Это напомнило мне о времени, когда я в возрасте пяти или шести лет стоял на краю пруда в деревне Саратт, держа за руку свою мать. «Представь, что в метре от берега сидит лягушка, – сказала она. – Если бы каждый ее прыжок равнялся половине предыдущего, сколько бы ей потребовалось прыжков, чтобы добраться до воды?» Теперь я понимаю, что этот детский вариант известного парадокса Зенона, риторически усиленный идеей разрушающегося непостоянства г-на Гоенки и буддийской доктриной пустоты, был предтечей «бесконечности вещей».
Я тогда жил во флигеле Райского дома, бывшего британского владения, стоящего на высоком лесистом гребне холма выше Маклеод Гандж. Мне нравился бодрящий горный воздух, веселили банды черномордых лангуров, радовали глаз синие и белые гималайские сороки. Поблизости, в небольшой хижине, жил геше Рабтен, учитель, у которого я учился и кем я восхищался. Вскоре я вслед за ним поехал в Швейцарию, чтобы изучать буддийскую философию. В Райском доме также располагалась небольшая община последователей медитации випассаны, с которыми я сидел утром и вечером, концентрируясь на своем дыхании и охватывая вниманием все тело от головы до пят.
Однажды в вечернем сумраке, когда я возвращался к себе домой по узкой тропинке через сосняк, неся синее пластмассовое ведро с расплескивающейся водой, которую я только что набрал в близлежащем источнике, я внезапно остановился, пораженный неожиданным чувством абсолютной таинственности всего окружающего. Как будто я вознесся на гребень большой волны на поверхности океана самой жизни, что позволило мне впервые в жизни поразиться тому, насколько удивительно то, что существует именно что-то, а не ничто. «Как, – спросил я себя, – человек может не понимать этого ? Как можно жить, не дав на это ответ? Почему раньше я не замечал этого!» Я помню, как стоял, дрожа и потеряв дар речи, со слезами на глазах. Затем я отправился дальше, пока не наступила ночь.

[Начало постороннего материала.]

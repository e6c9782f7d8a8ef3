-- ===== src/Mailbox/Sequence/Probe.antt =====
-- user/mailbox.go: what the loop of the interpolation search needs of its floating-point probe.
use native.Mathlib.Nat.{
  mul-div_cancel_left, div-le_of_le-mul, div-lt_iff_lt-mul, mul-le-mul_right,
  mul-lt-mul_of_pos_right, mul_comm,
}
use bmagent.Base.{ℕ, ◌+◌, ◌-◌, ◌*◌, ◌/◌, ◌≤◌, ◌<◌, ◌≡◌, subst, arith}

-- What the loop relies on of the floating-point probe, for fewer than 2 ^ 20 indices and uids of 32 bits.
-- It lies between the two indices, at the upper one if the uid is the highest, and below it if the uid is
-- lower. The exact value is an index, or a distance of 2 ^ -32 or more from the next one, and on indices
-- of 20 bits the three rounding errors of doubles, of 53 bits, are together smaller than that. On larger
-- uids, and on more of them, doubles may round up to the upper index.
pub record IsProbe (probe : ℕ → ℕ → ℕ → ℕ → ℕ → ℕ) : Type 0 where
  pub within :
      (i j lo hi uid : ℕ)
      → i ≤ j
      → j < 1048576
      → lo ≤ uid
      → uid ≤ hi
      → lo < hi
      → hi < 4294967296
      → (i ≤ probe i j lo hi uid) × (probe i j lo hi uid ≤ j)
  pub top :
      (i j lo hi : ℕ) → i ≤ j → j < 1048576 → lo < hi → hi < 4294967296 → probe i j lo hi hi ≡ j
  pub short :
      (i j lo hi uid : ℕ)
      → i < j
      → j < 1048576
      → lo ≤ uid
      → uid < hi
      → hi < 4294967296
      → probe i j lo hi uid < j

-- A probe that rounds nothing but its result: the formula with one division, on numbers.
unfoldable pub exact_probe : ℕ → ℕ → ℕ → ℕ → ℕ → ℕ
exact_probe i j lo hi uid = i + (uid - lo) * (j - i) / (hi - lo)

share-top : (a n : ℕ) → 0 < a → a * n / a ≡ n
share-top a n pos = mul-div_cancel_left n pos

share-le : (a b n : ℕ) → a ≤ b → a * n / b ≤ n
share-le a b n le = div-le_of_le-mul b (mul-le-mul_right n le)

share-lt : (a b n : ℕ) → a < b → 0 < n → a * n / b < n
share-lt a b n lt pos =
    (div-lt_iff_lt-mul {k = b} {x = a * n} {y = n} (omega arith)).1
      (subst (λ z. a * n < z) (mul_comm b n) (mul-lt-mul_of_pos_right lt pos))

-- Such a probe is one that the search can use.
pub exact_probe-IsProbe : IsProbe exact_probe
unfolding exact_probe
exact_probe-IsProbe = record {
  within = λ i j lo hi uid ij few low high lt small.
      (omega arith, omega (arith, share-le (uid - lo) (hi - lo) (j - i) (omega arith)));
  top = λ i j lo hi ij few lt small. omega (arith, share-top (hi - lo) (j - i) (omega arith));
  short = λ i j lo hi uid ij few low lt small.
      omega (arith, share-lt (uid - lo) (hi - lo) (j - i) (omega arith) (omega arith));
}
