-- ===== src/Mailbox/Coding/Trip.antt =====
-- What `decodeBitmessage` reads back from what `serializeBitmessage` wrote.
use bmagent.Base.{
  ◌≡◌, ◌≢◌, refl, sym, ap, subst, inl, inr, Option, none, some, [], ◌∷◌, Text, text_eq,
  text_eq-false, if◌then◌else◌, Bool-cases,
}
use bmagent.Mailbox.Coding.{
  fine, refused, WireEncoding, WireMessage, Content, encoding1, encoding2, Coding, ImapData,
  MessageState, Bmail, read_encoding, read_imap_data, read_state, read_expiration, read_bytes,
  read_message, decode_bitmessage, wire_imap_data, wire_state, wire_object, to_wire,
  serialize_bitmessage,
}

-- Protocol buffers do not tell an empty slice from nil.
unfoldable pub bare_bytes : Option Text → Option Text
bare_bytes none = none
bare_bytes (some []) = none
bare_bytes (some (b ∷ bs)) = some (b ∷ bs)

unfoldable pub bare_encoding : Option WireEncoding → Option WireEncoding
unfolding bare_bytes
bare_encoding none = none
bare_encoding (some e) =
    some (record e { subject = bare_bytes e.subject; body = bare_bytes e.body })

unfoldable pub bare : WireMessage → WireMessage
unfolding bare_bytes bare_encoding
bare w = record w {
  ack = bare_bytes w.ack;
  encoding = bare_encoding w.encoding;
  object = bare_bytes w.object;
}

-- What the other packages promise; `whole` is what the date format keeps of a time.
pub record IsCoding (C : Coding) : Type 0 where
  pub whole : C.Time → C.Time
  pub times : (t : C.Time) → C.parse_time (C.format_time t) ≡ some (whole t)
  pub dated : (t : C.Time) → C.format_time t ≢ []
  pub objects : (o : C.Object) → C.read_object (C.encode_object o) ≡ some o
  pub solid : (o : C.Object) → C.encode_object o ≢ []
  pub first :
      (b : Text)
      → C.to_protobuf (encoding1 b) ≡ record { format = 1; subject = none; body = some b }
  pub second :
      (s b : Text)
      → C.to_protobuf (encoding2 s b) ≡ record { format = 2; subject = some s; body = some b }
  pub second_kind : (s b : Text) → C.encoding_of (encoding2 s b) ≡ 2
  pub wires : (w : WireMessage) (bs : Text) → C.marshal w ≡ some bs → C.unmarshal bs ≡ some (bare w)

abbrev pub body_of : Content → Text
body_of (encoding1 b) = b
body_of (encoding2 s b) = b

module _ (C : Coding) (law : IsCoding C) where
  open C use {Time, Object}

  unfoldable pub stored_imap_data : Option (ImapData Time) → Option (ImapData Time)
  stored_imap_data none = none
  stored_imap_data (some i) = some (record {
    uid = 0;
    sequence_number = 0;
    flags = i.flags;
    time_received = law.whole i.time_received;
  })

  unfoldable pub stored_state : Option (MessageState Time) → Option (MessageState Time)
  stored_state none = none
  stored_state (some s) = some (record s { last_send = law.whole s.last_send })

  -- What is kept of a message: times of their format, no uid and no sequence number.
  unfoldable pub stored : Bmail Time → Bmail Time
  unfolding bare_bytes stored_imap_data stored_state
  stored m = record m {
    ack = bare_bytes m.ack;
    expiration = law.whole m.expiration;
    imap_data = stored_imap_data m.imap_data;
    state = stored_state m.state;
  }

  unfoldable bare_read : WireEncoding → Option Content
  unfolding read_encoding bare_bytes
  bare_read e =
      read_encoding (record e { subject = bare_bytes e.subject; body = bare_bytes e.body })

  read_encoding-to_protobuf :
      (c : Content)
      → bare_read (C.to_protobuf c) ≡ (if text_eq (body_of c) [] then none else some c)
  unfolding bare_read text_eq
  read_encoding-to_protobuf (encoding1 []) = ap bare_read (law.first [])
  read_encoding-to_protobuf (encoding1 (b ∷ bs)) = ap bare_read (law.first (b ∷ bs))
  read_encoding-to_protobuf (encoding2 s []) = ap bare_read (law.second s [])
  read_encoding-to_protobuf (encoding2 [] (b ∷ bs)) = ap bare_read (law.second [] (b ∷ bs))
  read_encoding-to_protobuf (encoding2 (a ∷ s) (b ∷ bs)) =
      ap bare_read (law.second (a ∷ s) (b ∷ bs))

  read_bytes-wire_object :
      (o : Option Object) → read_bytes C (bare_bytes (wire_object C o)) ≡ some o
  unfolding read_bytes wire_object bare_bytes
  read_bytes-wire_object none = refl
  read_bytes-wire_object (some o) =
      subst (λ t. read_bytes C t ≡ some (some o))
        (sym (solid_bytes (C.encode_object o) (law.solid o))) (rw (law.objects o, read_bytes) refl)
    where
      solid_bytes : (t : Text) → t ≢ [] → bare_bytes (some t) ≡ some t
      solid_bytes [] ne = absurd (ne refl)
      solid_bytes (b ∷ bs) ne = refl

  read_expiration-format : (t : Time) → read_expiration C (C.format_time t) ≡ law.whole t
  unfolding read_expiration
  read_expiration-format t =
      rw (text_eq-false (C.format_time t) [] (law.dated t), read_expiration) (rw (law.times t) refl)

  read_imap_data-wire :
      (i : Option (ImapData Time))
      → read_imap_data C (wire_imap_data C i) ≡ some (stored_imap_data i)
  unfolding read_imap_data wire_imap_data stored_imap_data
  read_imap_data-wire none = refl
  read_imap_data-wire (some i) = rw (law.times i.time_received, read_imap_data) refl

  read_state-wire :
      (s : Option (MessageState Time)) → read_state C (wire_state C s) ≡ some (stored_state s)
  unfolding read_state wire_state stored_state
  read_state-wire none = refl
  read_state-wire (some s) = rw (law.times s.last_send, read_state) refl

  read_message-to_wire :
      (m : Bmail Time) (o : Option Object)
      → read_message C (bare (to_wire C m o))
        ≡ (if text_eq (body_of m.content) [] then refused else fine (stored m, o))
  unfolding read_message to_wire bare bare_encoding stored bare_read
  read_message-to_wire m o = elim (Bool-cases (text_eq (body_of m.content) [])) [
    | inl e ↦ rw (read_encoding-to_protobuf m.content, read_message) (rw e refl)
    | inr ne ↦
        rw (read_encoding-to_protobuf m.content, read_message)
          (rw ne (
            rw (read_imap_data-wire m.imap_data) (
              rw (read_state-wire m.state)
                (rw (read_bytes-wire_object o) (rw (read_expiration-format m.expiration) refl)))))
  ]

  -- A message that is serialized is decoded as itself, with its object, without its uid and sequence
  -- number and with times of their format's precision; if its body is empty it is refused. The packages
  -- read back what they wrote, except that protocol buffers make an empty slice nil.
  pub decode_bitmessage-serialize_bitmessage :
      (m : Bmail Time) (o : Option Object) (bs : Text)
      → serialize_bitmessage C m o ≡ some bs
      → decode_bitmessage C bs
        ≡ (if text_eq (body_of m.content) [] then refused else fine (stored m, o))
  unfolding serialize_bitmessage decode_bitmessage
  decode_bitmessage-serialize_bitmessage m o bs e =
      rw (law.wires (to_wire C m o) bs e, decode_bitmessage) (read_message-to_wire m o)
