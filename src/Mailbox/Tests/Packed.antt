-- ===== src/Mailbox/Tests/Packed.antt =====
-- Packages for the tests: times are numbers, objects are texts, and a message is packed as its numbers
-- followed by its texts, each after its length.
use bmagent.Base.{
  ℕ, zero, suc, ◌≡◌, refl, ap, subst, get_or, ◌∙◌, Bool, true, false, Option, none, some, List, [],
  ◌∷◌, ◌++◌, length, Text, ◌==◌, if◌then◌else◌, arith,
}
use bmagent.Store.Bytes.{split_at}
use bmagent.Store.Bytes.Trip.{split_at-append}
use bmagent.Mailbox.Coding.{
  WireEncoding, WireImapData, WireState, WireMessage, Content, encoding1, encoding2, Coding,
}
use bmagent.Mailbox.Coding.Trip.{bare_bytes, bare_encoding, bare, IsCoding}

unfoldable pack : List Text → Text
pack [] = []
pack (t ∷ ts) = length t ∷ (t ++ pack ts)

unfoldable unpack : ℕ → Text → Option (List Text)
unfolding split_at
unpack zero s = some []
unpack (suc n) [] = none
unpack (suc n) (k ∷ s) = elim (split_at k s) [
  | none ↦ none
  | some (t, s') ↦ elim (unpack n s') [ none ↦ none | some ts ↦ some (t ∷ ts) ]
]

unpack-pack : (ts : List Text) → unpack (length ts) (pack ts) ≡ some ts
unfolding unpack pack
unpack-pack [] = refl
unpack-pack (t ∷ ts) =
    rw (split_at-append (length t) t (pack ts) refl, unpack) (rw (unpack-pack ts) refl)

abbrev number_of : Bool → ℕ
number_of true = 1
number_of false = 0

abbrev bool_of : ℕ → Bool
bool_of n = n == 1

bool_of-number_of : (b : Bool) → bool_of (number_of b) ≡ b
bool_of-number_of true = refl
bool_of-number_of false = refl

abbrev or_empty : Option Text → Text
or_empty none = []
or_empty (some t) = t

bare_bytes-or_empty : (o : Option Text) → bare_bytes (some (or_empty o)) ≡ bare_bytes o
unfolding bare_bytes
bare_bytes-or_empty none = refl
bare_bytes-or_empty (some t) = refl

-- The numbers and the texts of each part.
abbrev of_imap : Option WireImapData → ℕ × ℕ × Text
of_imap none = (0, 0, [])
of_imap (some i) = (1, i.flags, i.time_received)

abbrev to_imap : ℕ × ℕ × Text → Option WireImapData
to_imap (has, flags, time) =
    if has == 1 then some (record { time_received = time; flags = flags }) else none

to_imap-of_imap : (i : Option WireImapData) → to_imap (of_imap i) ≡ i
to_imap-of_imap none = refl
to_imap-of_imap (some i) = refl

abbrev of_encoding : Option WireEncoding → ℕ × ℕ × Text × Text
of_encoding none = (0, 0, [], [])
of_encoding (some e) = (1, e.format, or_empty e.subject, or_empty e.body)

unfoldable to_encoding : ℕ × ℕ × Text × Text → Option WireEncoding
unfolding bare_bytes
to_encoding (has, format, subject, body) =
    if has == 1
    then some (record {
      format = format;
      subject = bare_bytes (some subject);
      body = bare_bytes (some body);
    })
    else none

to_encoding-of_encoding : (e : Option WireEncoding) → to_encoding (of_encoding e) ≡ bare_encoding e
unfolding to_encoding bare_encoding
to_encoding-of_encoding none = refl
to_encoding-of_encoding (some e) =
    rw (bare_bytes-or_empty e.subject) (rw (bare_bytes-or_empty e.body) refl)

abbrev of_state : Option WireState → ℕ × ℕ × ℕ × ℕ × ℕ × ℕ × Text
of_state none = (0, 0, 0, 0, 0, 0, [])
of_state (some s) = (
  1,
  number_of s.pubkey_requested,
  s.send_tries,
  number_of s.ack_expected,
  number_of s.ack_received,
  number_of s.received,
  s.last_send,
)

abbrev to_state : ℕ × ℕ × ℕ × ℕ × ℕ × ℕ × Text → Option WireState
to_state (has, pubkey, tries, expected, acked, received, last) =
    if has == 1
    then some (record {
      pubkey_requested = bool_of pubkey;
      send_tries = tries;
      last_send = last;
      ack_expected = bool_of expected;
      ack_received = bool_of acked;
      received = bool_of received;
    })
    else none

to_state-of_state : (s : Option WireState) → to_state (of_state s) ≡ s
to_state-of_state none = refl
to_state-of_state (some s) = rw (bool_of-number_of s.pubkey_requested) (
    rw (bool_of-number_of s.ack_expected)
      (rw (bool_of-number_of s.ack_received) (rw (bool_of-number_of s.received) refl)))

abbrev texts_of : WireMessage → List Text
texts_of w =
    let (_, _, time) = of_imap w.imap_data in
    let (_, _, subject, body) = of_encoding w.encoding in
    let (_, _, _, _, _, _, last) = of_state w.state in
    w.from
    ∷ w.to
    ∷ w.expiration
    ∷ or_empty w.ack
    ∷ or_empty w.object
    ∷ time
    ∷ subject
    ∷ body
    ∷ last
    ∷ []

abbrev numbers_of : WireMessage → List ℕ
numbers_of w =
    let (imap, flags, _) = of_imap w.imap_data in
    let (encoding, format, _, _) = of_encoding w.encoding in
    let (state, pubkey, tries, expected, acked, received, _) = of_state w.state in
    number_of w.of_channel
    ∷ imap
    ∷ flags
    ∷ encoding
    ∷ format
    ∷ state
    ∷ pubkey
    ∷ tries
    ∷ expected
    ∷ acked
    ∷ received
    ∷ []

unfoldable pub build : List ℕ → List Text → WireMessage
unfolding bare_bytes to_encoding
build ns ts = record {
  from = get_or ts 0 [];
  to = get_or ts 1 [];
  of_channel = bool_of (get_or ns 0 0);
  expiration = get_or ts 2 [];
  ack = bare_bytes (some (get_or ts 3 []));
  imap_data = to_imap (get_or ns 1 0, get_or ns 2 0, get_or ts 5 []);
  encoding = to_encoding (get_or ns 3 0, get_or ns 4 0, get_or ts 6 [], get_or ts 7 []);
  object = bare_bytes (some (get_or ts 4 []));
  state = to_state (
    get_or ns 5 0,
    get_or ns 6 0,
    get_or ns 7 0,
    get_or ns 8 0,
    get_or ns 9 0,
    get_or ns 10 0,
    get_or ts 8 [],
  );
}

build-bare : (w : WireMessage) → build (numbers_of w) (texts_of w) ≡ bare w
unfolding build bare
build-bare w = rw (bool_of-number_of w.of_channel) (
    rw (to_imap-of_imap w.imap_data) (
      rw (to_encoding-of_encoding w.encoding) (
        rw (to_state-of_state w.state)
          (rw (bare_bytes-or_empty w.ack) (rw (bare_bytes-or_empty w.object) refl)))))

unfoldable pub packed_message : WireMessage → Text
unfolding pack
packed_message w = numbers_of w ++ pack (texts_of w)

unfoldable pub unpacked_message : Text → Option WireMessage
unfolding split_at unpack build
unpacked_message s = elim (split_at 11 s) [
  | none ↦ none
  | some (ns, rest) ↦ elim (unpack 9 rest) [ none ↦ none | some ts ↦ some (build ns ts) ]
]

unpack-length : (n : ℕ) (ts : List Text) → length ts ≡ n → unpack n (pack ts) ≡ some ts
unpack-length n ts h = subst (λ k. unpack k (pack ts) ≡ some ts) h (unpack-pack ts)

unpacked_message-parts :
    (ns : List ℕ) (ts : List Text)
    → length ns ≡ 11
    → length ts ≡ 9
    → unpacked_message (ns ++ pack ts) ≡ some (build ns ts)
unfolding unpacked_message
unpacked_message-parts ns ts h h' =
    rw (split_at-append 11 ns (pack ts) h, unpacked_message) (rw (unpack-length 9 ts h') refl)

unpacked_message-packed_message :
    (w : WireMessage) → unpacked_message (packed_message w) ≡ some (bare w)
unfolding packed_message
unpacked_message-packed_message w =
    unpacked_message-parts (numbers_of w) (texts_of w) refl refl ∙ ap some (build-bare w)

abbrev pub wire_of : Content → WireEncoding
wire_of (encoding1 b) = record { format = 1; subject = none; body = some b }
wire_of (encoding2 s b) = record { format = 2; subject = some s; body = some b }

abbrev pub kind_of : Content → ℕ
kind_of (encoding1 b) = 1
kind_of (encoding2 s b) = 2

abbrev pub single : Text → Option ℕ
single [] = none
single (n ∷ []) = some n
single (n ∷ m ∷ ns) = none

abbrev pub behind : Text → Option Text
behind [] = none
behind (n ∷ ns) = some ns

abbrev pub packed : Coding
packed = record {
  Time = ℕ;
  Object = Text;
  zero_time = 0;
  format_time = λ t. t ∷ [];
  parse_time = single;
  encode_object = λ o. 1 ∷ o;
  read_object = behind;
  to_protobuf = wire_of;
  encoding_of = kind_of;
  marshal = λ w. some (packed_message w);
  unmarshal = unpacked_message;
}

pub packed-IsCoding : IsCoding packed
packed-IsCoding = record {
  whole = λ t. t;
  times = λ t. refl;
  dated = λ t e. ground arith;
  objects = λ o. refl;
  solid = λ o e. ground arith;
  first = λ b. refl;
  second = λ s b. refl;
  second_kind = λ s b. refl;
  wires = λ w bs e.
      subst
        (λ (t : Option Text). elim t [ none ↦ Unit | some x ↦ unpacked_message x ≡ some (bare w) ])
        e (unpacked_message-packed_message w);
}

Я ощущал дискомфорт от осознания возникшей пропасти между тем, что я изучал, и чем-то, что произошло лично со мной и что представлялось мне жизненно важным. В знакомых мне буддийских текстах, казалось, не упоминались и тем более не оценивались подобные переживания. Я не находил ни одного слова в тибетском языке, которое могло бы описать мой опыт. И когда я рассказал о нем англоговорящему ламе Еше, харизматичному ученику геше Рабтена, у которого было много последователей среди западных приезжих в Непале, мне показалось, что он не понял, о чем я говорю и почему придаю этому такое большое значение. Что было важней? Священные писания буддизма, которые мне преподавали глубоко уважаемые мной люди? Или мои собственные смутные догадки, которые вместо того, чтобы давать ответы, казалось, только поднимали еще больше вопросов? Я верил (или хотел верить), что этот конфликт мог бы разрешиться, если бы я еще усерднее учился и практиковал. Будучи молодым новичком двадцати трех лет, я склонялся больше доверять мудрости традиции, чем своему несовершенному пониманию.